*** Dataset records ***
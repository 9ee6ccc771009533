-- ===== src/Domain/Delivery/Numbering.antt =====
-- The numbers of a delivery's attempts, and the search for an attempt by its id.
use quantalithos_bus.Base.{
  ℕ, ◌+◌, ◌%◌, ◌<◌, ◌≡◌, refl, sym, ap, subst, ◌∙◌, ◌⊎◌, inl, inr, none, some, List, [], ◌∷◌, ◌++◌,
  arith, Bool-cases, length,
}
use quantalithos_bus.Base.Text.{codes, text_eq, show}
use quantalithos_bus.Contracts.Core.{Core}
use quantalithos_bus.Contracts.Metadata.{
  DeliveryAttemptId, DeliveryId, AttemptNo, u32_mod, sanitize,
}
use quantalithos_bus.Base.Text.Laws.{text_eq_iff}
use quantalithos_bus.Base.Text.Decimal.{show-injective, cancel_prefix}
use quantalithos_bus.Domain.Delivery.Attempt.{
  DeliveryAttempt, find_attempt, replace_attempt, attempt_id_of,
}
use quantalithos_bus.Domain.Delivery.{DeliveryRecord}
use quantalithos_bus.Domain.Delivery.Invariant.{Inv}
use quantalithos_bus.Domain.Delivery.Sequence.{Numbered}

pub attempt_id_of-injective :
    (d : DeliveryId) (m n : AttemptNo) → attempt_id_of d m ≡ attempt_id_of d n → m ≡ n
unfolding attempt_id_of
attempt_id_of-injective d m n h =
    show-injective m n
      (cancel_prefix (codes "attempt_" ++ sanitize d ++ codes "_") (show m) (show n) h)

module _ ⦃core : Core⦄ where
  -- A number past the ones in use is not found.
  pub find-fresh :
      (d : DeliveryId) (k n : ℕ) (xs : List DeliveryAttempt)
      → Numbered d k xs
      → k + length xs < n
      → n < u32_mod
      → find_attempt (attempt_id_of d n) xs ≡ none
  unfolding find_attempt
  find-fresh d k n [] v h l = refl
  find-fresh d k n (a ∷ xs) v h l = elim (Bool-cases (text_eq a.attempt_id (attempt_id_of d n))) [
    | inl hit ↦ absurd (
        clash (
          attempt_id_of-injective d ((k + 1) % u32_mod) n
            (sym v.0 ∙ (text_eq_iff a.attempt_id (attempt_id_of d n)).0 hit)))
    | inr miss ↦ rw miss (find-fresh d (k + 1) n xs v.2 (omega arith) l)
  ]
    where
      clash : (k + 1) % u32_mod ≡ n → ⊥
      clash e = omega arith

  pub find-snoc :
      (id : DeliveryAttemptId) (xs : List DeliveryAttempt) (a : DeliveryAttempt)
      → find_attempt id xs ≡ none
      → a.attempt_id ≡ id
      → find_attempt id (xs ++ a ∷ []) ≡ some a
  unfolding find_attempt
  find-snoc id [] a h e = ground (arith, text_eq_iff a.attempt_id id)
  find-snoc id (b ∷ xs) a h e = ground (arith, find-snoc id xs a)

  pub find-replace :
      (id : DeliveryAttemptId) (xs : List DeliveryAttempt) (a b : DeliveryAttempt)
      → find_attempt id xs ≡ some a
      → b.attempt_id ≡ id
      → find_attempt id (replace_attempt id b xs) ≡ some b
  unfolding find_attempt replace_attempt
  find-replace id [] a b h e = cc
  find-replace id (c ∷ xs) a b h e =
      ground (arith, text_eq_iff b.attempt_id id, find-replace id xs a b)

  -- The `i`-th attempt has number `i + 1`.
  abbrev pub HasId : DeliveryAttemptId → List DeliveryAttempt → Type 0
  HasId id [] = ⊥
  HasId id (a ∷ xs) = (a.attempt_id ≡ id) ⊎ HasId id xs

  abbrev pub Distinct : List DeliveryAttempt → Type 0
  Distinct [] = Unit
  Distinct (a ∷ xs) = (¬ HasId a.attempt_id xs) × Distinct xs

  HasId-number :
      (d : DeliveryId) (k m : ℕ) (xs : List DeliveryAttempt)
      → Numbered d k xs
      → k + length xs < u32_mod
      → m < k + 1
      → HasId (attempt_id_of d m) xs
      → ⊥
  HasId-number d k m [] v l h p = p
  HasId-number d k m (a ∷ xs) v l h (inl e) =
      clash (attempt_id_of-injective d ((k + 1) % u32_mod) m (sym v.0 ∙ e))
    where
      clash : (k + 1) % u32_mod ≡ m → ⊥
      clash e = omega arith
  HasId-number d k m (a ∷ xs) v l h (inr p) =
      HasId-number d (k + 1) m xs v.2 (omega arith) (omega arith) p

  Numbered-Distinct :
      (d : DeliveryId) (k : ℕ) (xs : List DeliveryAttempt)
      → Numbered d k xs
      → k + length xs < u32_mod
      → Distinct xs
  Numbered-Distinct d k [] v l = tt
  Numbered-Distinct d k (a ∷ xs) v l = (
    λ p.
        HasId-number d (k + 1) (k + 1) xs v.2 (omega arith) (omega arith)
          (subst (λ id. HasId id xs) (v.0 ∙ ap (attempt_id_of d) small) p),
    Numbered-Distinct d (k + 1) xs v.2 (omega arith),
  )
    where
      small : (k + 1) % u32_mod ≡ k + 1
      small = omega arith

  -- Fewer than 2^32 attempts have pairwise different ids.
  pub Inv-Distinct :
      (d : DeliveryRecord) → Inv d → length d.attempts < u32_mod → Distinct d.attempts
  Inv-Distinct d v l = Numbered-Distinct d.delivery_id 0 d.attempts v.numbered (omega arith)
*** End of Dataset records ***
**What is being asked**
Starting at the line above that holds "(sym v.0 ∙ (text_eq_iff" and ending at the line that holds "HasId-number d k m (a ∷ xs) v l h (inr", transcribe each line exactly and include no other lines.

**Task response**
            (sym v.0 ∙ (text_eq_iff a.attempt_id (attempt_id_of d n)).0 hit)))
    | inr miss ↦ rw miss (find-fresh d (k + 1) n xs v.2 (omega arith) l)
  ]
    where
      clash : (k + 1) % u32_mod ≡ n → ⊥
      clash e = omega arith

  pub find-snoc :
      (id : DeliveryAttemptId) (xs : List DeliveryAttempt) (a : DeliveryAttempt)
      → find_attempt id xs ≡ none
      → a.attempt_id ≡ id
      → find_attempt id (xs ++ a ∷ []) ≡ some a
  unfolding find_attempt
  find-snoc id [] a h e = ground (arith, text_eq_iff a.attempt_id id)
  find-snoc id (b ∷ xs) a h e = ground (arith, find-snoc id xs a)

  pub find-replace :
      (id : DeliveryAttemptId) (xs : List DeliveryAttempt) (a b : DeliveryAttempt)
      → find_attempt id xs ≡ some a
      → b.attempt_id ≡ id
      → find_attempt id (replace_attempt id b xs) ≡ some b
  unfolding find_attempt replace_attempt
  find-replace id [] a b h e = cc
  find-replace id (c ∷ xs) a b h e =
      ground (arith, text_eq_iff b.attempt_id id, find-replace id xs a b)

  -- The `i`-th attempt has number `i + 1`.
  abbrev pub HasId : DeliveryAttemptId → List DeliveryAttempt → Type 0
  HasId id [] = ⊥
  HasId id (a ∷ xs) = (a.attempt_id ≡ id) ⊎ HasId id xs

  abbrev pub Distinct : List DeliveryAttempt → Type 0
  Distinct [] = Unit
  Distinct (a ∷ xs) = (¬ HasId a.attempt_id xs) × Distinct xs

  HasId-number :
      (d : DeliveryId) (k m : ℕ) (xs : List DeliveryAttempt)
      → Numbered d k xs
      → k + length xs < u32_mod
      → m < k + 1
      → HasId (attempt_id_of d m) xs
      → ⊥
  HasId-number d k m [] v l h p = p
  HasId-number d k m (a ∷ xs) v l h (inl e) =
      clash (attempt_id_of-injective d ((k + 1) % u32_mod) m (sym v.0 ∙ e))
    where
      clash : (k + 1) % u32_mod ≡ m → ⊥
      clash e = omega arith
  HasId-number d k m (a ∷ xs) v l h (inr p) =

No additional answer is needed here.